I'll just start off with brief summaries of some of our answers, so then others can add or edit later. :)
Question 1 Response
In the class discussion, there were a couple different ideas presented here. One thought I agreed with in particular was that worthiness was subjective. Deeming someone worthy of something could depend on various factors that may differ from person to person. Other students noted that there would be a randomness factor that went into getting these gifts, though that role was debated. It was pointed out that the writer chose to live where they did, which put them in the area to be offered to pick the berries. There is also chance though, in that the farmer happened to be someone who offers their neighbors free access to these berries at times. Someone also noted that due to chance, you may not even be "worthy" of receiving the gifts you receive, just lucky enough to be offered.
Question 2 Response
Most of us had trouble finding a resource that would directly support the writer's claim, but one student Shawn Huesman did find what looks like a very applicable source.  I'll post part of his comment here describing it:
Then we had different ideas for graphs from different students. Here are some that were modelled out: Graph 1 is from Chelsea Debord. She describes her thought process, which I will include below the image.
"I used different elements of culture to come up with an average number for the cultural significance. It featured 3 different unnamed plants and each plant consisted of 4 columns of different elements: Stories of Experience, Blooming Period, Economic Impact, Environmental Correlations. Then I used points for the average number for each plant. The points and line showed that the higher average of the cultural factors, the higher the cultural significance and more amount of names."
Graph 2 is from Justin Horn. He describes his graph, which I will again include below the image.
"The small part of the graph would be at the first part, as it continues it would more closely resemble the second part, and as it continues some more it would resemble the third part. The more it goes on, the larger the graph would get ad infinitum."
Graph 3 is from Blake Weimer. His description follows of it follows.
"To graph this relationship, I think scatterplot and regression where the x-axis would be the number of names a plant has (for all plants we can get data on ) and the y-axis is some measure of cultural importance (whether it might be some useful plant to whether it might be a culture's iconic plant). I do come from an economics background so I also might consider diminishing returns to be a factor. The more names a plant might have the less and less additional cultural significance it might have."
Question 3 Response
A lot of students seemed to agree that the system here would be symbiotic and circular. Blake Weimer contributed a great illustration of the system, attached here with description below:
"The currency of this economy is "gratitude & reciprocity" and is indicated by the green arrow. In exchange for this currency, Serviceberries teach us the act of how to receive a gift. In response, people learn to give gifts to others not just in the form of Serviceberries but in other forms from the less they learned of being given a gift."
Question 4 Response
Many students recognized here that companies often end up harming the environment in order to profit or because taking the time to do things in an environmentally safe manner was not deemed necessary. There were several examples listed of pollution that resulted from the production of goods for consumers.
The general way to combat this issue presented was that governments should have regulations companies must follow that keep their pollution in check.

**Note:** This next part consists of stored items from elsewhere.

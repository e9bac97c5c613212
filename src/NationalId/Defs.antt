-- ===== src/NationalId/Defs.antt =====
-- The two patterns, the mock lookup and the generator.
use kigali_pack.Base.{
  ℕ, Bool, false, ◌&&◌, ◌||◌, Option, none, some, [], ◌∷◌, ◌++◌, ◌+◌, length, drop, leb, ◌==◌,
  if◌then◌else◌, not,
}
use kigali_pack.Text.{Text, all, is_digit}
use kigali_pack.Text.Decimal.{decimal, pad_start}

-- `/^1(19|20)\d{2}[78]\d{serial}\d{2}$/`
unfoldable pub nida_pattern : ℕ → Text → Bool
nida_pattern serial (a ∷ b ∷ c ∷ d ∷ e ∷ f ∷ rest) =
    a == b'1'
    && ((b == b'1' && c == b'9') || (b == b'2' && c == b'0'))
    && (is_digit d && is_digit e)
    && (f == b'7' || f == b'8')
    && (length rest == serial + 2 && all is_digit rest)
nida_pattern serial _ = false

-- kyc.controller.ts
abbrev pub nida_format_pattern : Text → Bool
nida_format_pattern = nida_pattern 8

-- master-core-snapshot.controller.ts
abbrev pub nida_sixteen_digit_pattern : Text → Bool
nida_sixteen_digit_pattern = nida_pattern 7

-- `\s`: the white space and line ends of the language.
abbrev pub is_space : ℕ → Bool
is_space c =
    (leb 9 c && leb c 13)
    || c == 32
    || c == 160
    || c == 5760
    || (leb 8192 c && leb c 8202)
    || c == 8232
    || c == 8233
    || c == 8239
    || c == 8287
    || c == 12288
    || c == 65279

-- `replace(/\s+/g, '')`
unfoldable pub scrub : Text → Text
scrub [] = []
scrub (c ∷ s) = if is_space c then scrub s else c ∷ scrub s

pub data Gender : Type 0 where
  male female : Gender

-- The identity of the reply, without the names, which are the developer's, and the constants.
pub record Identity : Type 0 where
  pub national_id : Text
  pub gender : Gender
  pub birth_year : Text

abbrev char_at : ℕ → Text → ℕ
char_at i s = elim (drop i s) [ [] ↦ 0 | c ∷ _ ↦ c ]

abbrev slice_1_5 : Text → Text
slice_1_5 (a ∷ b ∷ c ∷ d ∷ e ∷ _) = b ∷ c ∷ d ∷ e ∷ []
slice_1_5 s = drop 1 s

abbrev pub identity_of : Text → Identity
identity_of scrubbed_id = record {
  national_id = scrubbed_id;
  gender = if char_at 5 scrubbed_id == b'8' then male else female;
  birth_year = slice_1_5 scrubbed_id;
}

-- `none` is the BadRequestException of a malformed number.
unfoldable pub run_mock_kyc_profile_lookup : Text → Option Identity
unfolding scrub nida_pattern
run_mock_kyc_profile_lookup national_id =
    let scrubbed_id = scrub national_id in
    if not (nida_format_pattern scrubbed_id) then none else some (identity_of scrubbed_id)

-- The four random draws are arguments: randomInt(1985, 2004), randomItem(['7', '8']),
-- randomInt(0, 9999999) and randomInt(10, 99).
unfoldable pub generate_national_id : ℕ → ℕ → ℕ → ℕ → Text
generate_national_id birth_year gender_digit serial checksum =
    b'1' ∷ (decimal birth_year ++ gender_digit ∷ (pad_start 7 (decimal serial) ++ decimal checksum))
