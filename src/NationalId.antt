-- ===== src/NationalId.antt =====
-- National IDs: the mock NIDA lookup of modules/kyc/kyc.controller.ts, the pattern that
-- modules/auth/master-core-snapshot.controller.ts publishes, and the generated citizens of
-- modules/utilities/test-data.service.ts.
mod Defs
unfoldable pub use Defs.*
pub mod Laws
mod Tests
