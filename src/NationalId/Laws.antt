-- ===== src/NationalId/Laws.antt =====
-- What the mock lookup accepts, and why it refuses every generated number.
use mathlib.Core.Option.{some-injective}
use kigali_pack.Base.{
  ℕ, ◌+◌, ◌≤◌, ◌≡◌, ◌≢◌, refl, ◌⊎◌, true, false, none, some, [], ◌∷◌, arith, ap, ◌∙◌, sym, inl, inr,
  Bool-cases, ◌/◌, ◌%◌, length, length-append,
}
use kigali_pack.Text.{Text, all, is_digit}
use kigali_pack.Text.Decimal.{
  decimal, pad_start, pad_start_seven, all-append, decimal_two, decimal_four,
}
use kigali_pack.NationalId.Defs.{
  nida_pattern, nida_format_pattern, nida_sixteen_digit_pattern, is_space, scrub,
  run_mock_kyc_profile_lookup, generate_national_id, Identity, identity_of,
}

digit_not_space : (c : ℕ) → is_digit c ≡ true → is_space c ≡ false
digit_not_space c h = ground arith

scrub_of_all : (s : Text) → all is_digit s ≡ true → scrub s ≡ s
unfolding scrub
scrub_of_all [] h = refl
scrub_of_all (c ∷ s) h =
    rw (digit_not_space c (all-head c s h)) (ap (λ t. c ∷ t) (scrub_of_all s (all-tail c s h)))
  where
    all-head : (c : ℕ) (s : Text) → all is_digit (c ∷ s) ≡ true → is_digit c ≡ true
    all-head c s h = ground arith

    all-tail : (c : ℕ) (s : Text) → all is_digit (c ∷ s) ≡ true → all is_digit s ≡ true
    all-tail c s h = ground arith

-- A number that fits the pattern has exactly eight digits and `serial` more.
nida_pattern_digits :
    (serial : ℕ) (s : Text)
    → nida_pattern serial s ≡ true
    → (length s ≡ serial + 8) × (all is_digit s ≡ true)
unfolding nida_pattern
nida_pattern_digits serial [] h = cc
nida_pattern_digits serial (a ∷ []) h = cc
nida_pattern_digits serial (a ∷ b ∷ []) h = cc
nida_pattern_digits serial (a ∷ b ∷ c ∷ []) h = cc
nida_pattern_digits serial (a ∷ b ∷ c ∷ d ∷ []) h = cc
nida_pattern_digits serial (a ∷ b ∷ c ∷ d ∷ e ∷ []) h = cc
nida_pattern_digits serial (a ∷ b ∷ c ∷ d ∷ e ∷ f ∷ rest) h = ground arith

lookup_of_pattern :
    (s : Text)
    → nida_format_pattern (scrub s) ≡ true
    → run_mock_kyc_profile_lookup s ≡ some (identity_of (scrub s))
unfolding run_mock_kyc_profile_lookup
lookup_of_pattern s h = rw h

lookup_of_mismatch :
    (s : Text) → nida_format_pattern (scrub s) ≡ false → run_mock_kyc_profile_lookup s ≡ none
unfolding run_mock_kyc_profile_lookup
lookup_of_mismatch s h = rw h

-- A lookup succeeds only for a number that is, once its white space is dropped, sixteen digits;
-- the reply carries exactly that number, and looking the replied number up gives the same reply.
pub run_mock_kyc_profile_lookup_sound :
    (s : Text) {i : Identity}
    → run_mock_kyc_profile_lookup s ≡ some i
    → (i.national_id ≡ scrub s)
      × (length i.national_id ≡ 16)
      × (all is_digit i.national_id ≡ true)
      × (run_mock_kyc_profile_lookup i.national_id ≡ some i)
run_mock_kyc_profile_lookup_sound s {i} h = elim (Bool-cases (nida_format_pattern (scrub s))) [
  | inl a ↦
      let e : identity_of (scrub s) ≡ i = some-injective _ _ (sym (lookup_of_pattern s a) ∙ h) in
      let (len, digits) = nida_pattern_digits 8 (scrub s) a in
      let same : scrub (scrub s) ≡ scrub s = scrub_of_all (scrub s) digits in
      rw (← e) (
        refl,
        omega arith,
        digits,
        lookup_of_pattern (scrub s) (rw same a) ∙ ap (λ t. some (identity_of t)) same,
      )
  | inr a ↦ cc (lookup_of_mismatch s a)
]

mismatch_of_length : (n : ℕ) (s : Text) → length s ≡ n → n ≢ 16 → nida_format_pattern s ≡ false
mismatch_of_length n s len h = elim (Bool-cases (nida_format_pattern s)) [
  | inl a ↦ absurd (h (sym len ∙ (nida_pattern_digits 8 s a).0))
  | inr a ↦ a
]

module _ (year gender serial checksum : ℕ) where
  -- The ranges that the generator draws from.
  pub record IsDrawn : Type 0 where
    pub year_low : 1985 ≤ year
    pub year_high : year ≤ 2004
    pub gender_digit : (gender ≡ b'7') ⊎ (gender ≡ b'8')
    pub serial_high : serial ≤ 9999999
    pub checksum_low : 10 ≤ checksum
    pub checksum_high : checksum ≤ 99

  generate_national_id-pattern :
      IsDrawn → nida_sixteen_digit_pattern (generate_national_id year gender serial checksum) ≡ true
  unfolding generate_national_id nida_pattern
  generate_national_id-pattern d = rw (decimal_four year (omega arith) (omega arith)) (
      rw (decimal_two checksum (omega arith) (omega arith)) (
        ground (
          arith,
          pad_start_seven serial,
          length-append (pad_start 7 (decimal serial))
              ((b'0' + checksum / 10) ∷ (b'0' + checksum % 10) ∷ []),
          all-append (pad_start 7 (decimal serial))
              ((b'0' + checksum / 10) ∷ (b'0' + checksum % 10) ∷ []),
        )))

  -- Every number that the generator draws has fifteen digits, a digit less than a national ID: it
  -- fits the published pattern, and the mock lookup of the same service refuses it.
  pub generated_refused :
      IsDrawn
      → let id = generate_national_id year gender serial checksum in
        (length id ≡ 15)
        × (nida_sixteen_digit_pattern id ≡ true)
        × (run_mock_kyc_profile_lookup id ≡ none)
  generated_refused d =
      let id = generate_national_id year gender serial checksum in
      let p = generate_national_id-pattern d in
      let (len, digits) = nida_pattern_digits 7 id p in
      (
        len,
        p,
        lookup_of_mismatch id
            (rw (scrub_of_all id digits) (mismatch_of_length 15 id len (omega arith))),
      )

Not only could there be penalties for malpractices but also potential rewards for working in ways that would benefit/protect the environment.

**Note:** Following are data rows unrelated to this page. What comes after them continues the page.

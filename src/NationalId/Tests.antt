-- ===== src/NationalId/Tests.antt =====
-- Runs of the lookup and of the generator.
use kigali_pack.Base.{◌≡◌, refl, true, none, some, inr, arith, length}
use kigali_pack.Text.{Text, codes, all, is_digit}
use kigali_pack.NationalId.Defs.{
  scrub, identity_of, Identity, run_mock_kyc_profile_lookup, generate_national_id,
  nida_sixteen_digit_pattern,
}
use kigali_pack.NationalId.Laws.{run_mock_kyc_profile_lookup_sound, IsDrawn, generated_refused}

abbrev spaced_id : Text
spaced_id = codes "1 1990 8 00123456 21"

abbrev spaced_identity : Identity
spaced_identity = identity_of (codes "1199080012345621")

lookup_spaced_id : run_mock_kyc_profile_lookup spaced_id ≡ some spaced_identity
unfolding run_mock_kyc_profile_lookup
lookup_spaced_id = refl

run_mock_kyc_profile_lookup_sound_example :
    (spaced_identity.national_id ≡ scrub spaced_id)
    × (length spaced_identity.national_id ≡ 16)
    × (all is_digit spaced_identity.national_id ≡ true)
    × (run_mock_kyc_profile_lookup spaced_identity.national_id ≡ some spaced_identity)
run_mock_kyc_profile_lookup_sound_example =
    run_mock_kyc_profile_lookup_sound spaced_id lookup_spaced_id

drawn : IsDrawn 1990 b'8' 42 17
drawn = record {
  year_low = omega arith;
  year_high = omega arith;
  gender_digit = inr refl;
  serial_high = omega arith;
  checksum_low = omega arith;
  checksum_high = omega arith;
}

generated_refused_example :
    let id = generate_national_id 1990 b'8' 42 17 in
    (length id ≡ 15)
    × (nida_sixteen_digit_pattern id ≡ true)
    × (run_mock_kyc_profile_lookup id ≡ none)
generated_refused_example = generated_refused 1990 b'8' 42 17 drawn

Many students were able to connect the ideas of externalized costs to examples in real life. One student, Blake Weimer, used the story of the Lorax to help describe external costs. Another student, Shawn Huesman, gave a great example from The Simpsons Movie to show how companies harm the environment, because it was a convenient way for them to dispose waste. In the movie the main character dumps a tank of his pigs waste into a lake and this ends up ruining the lake.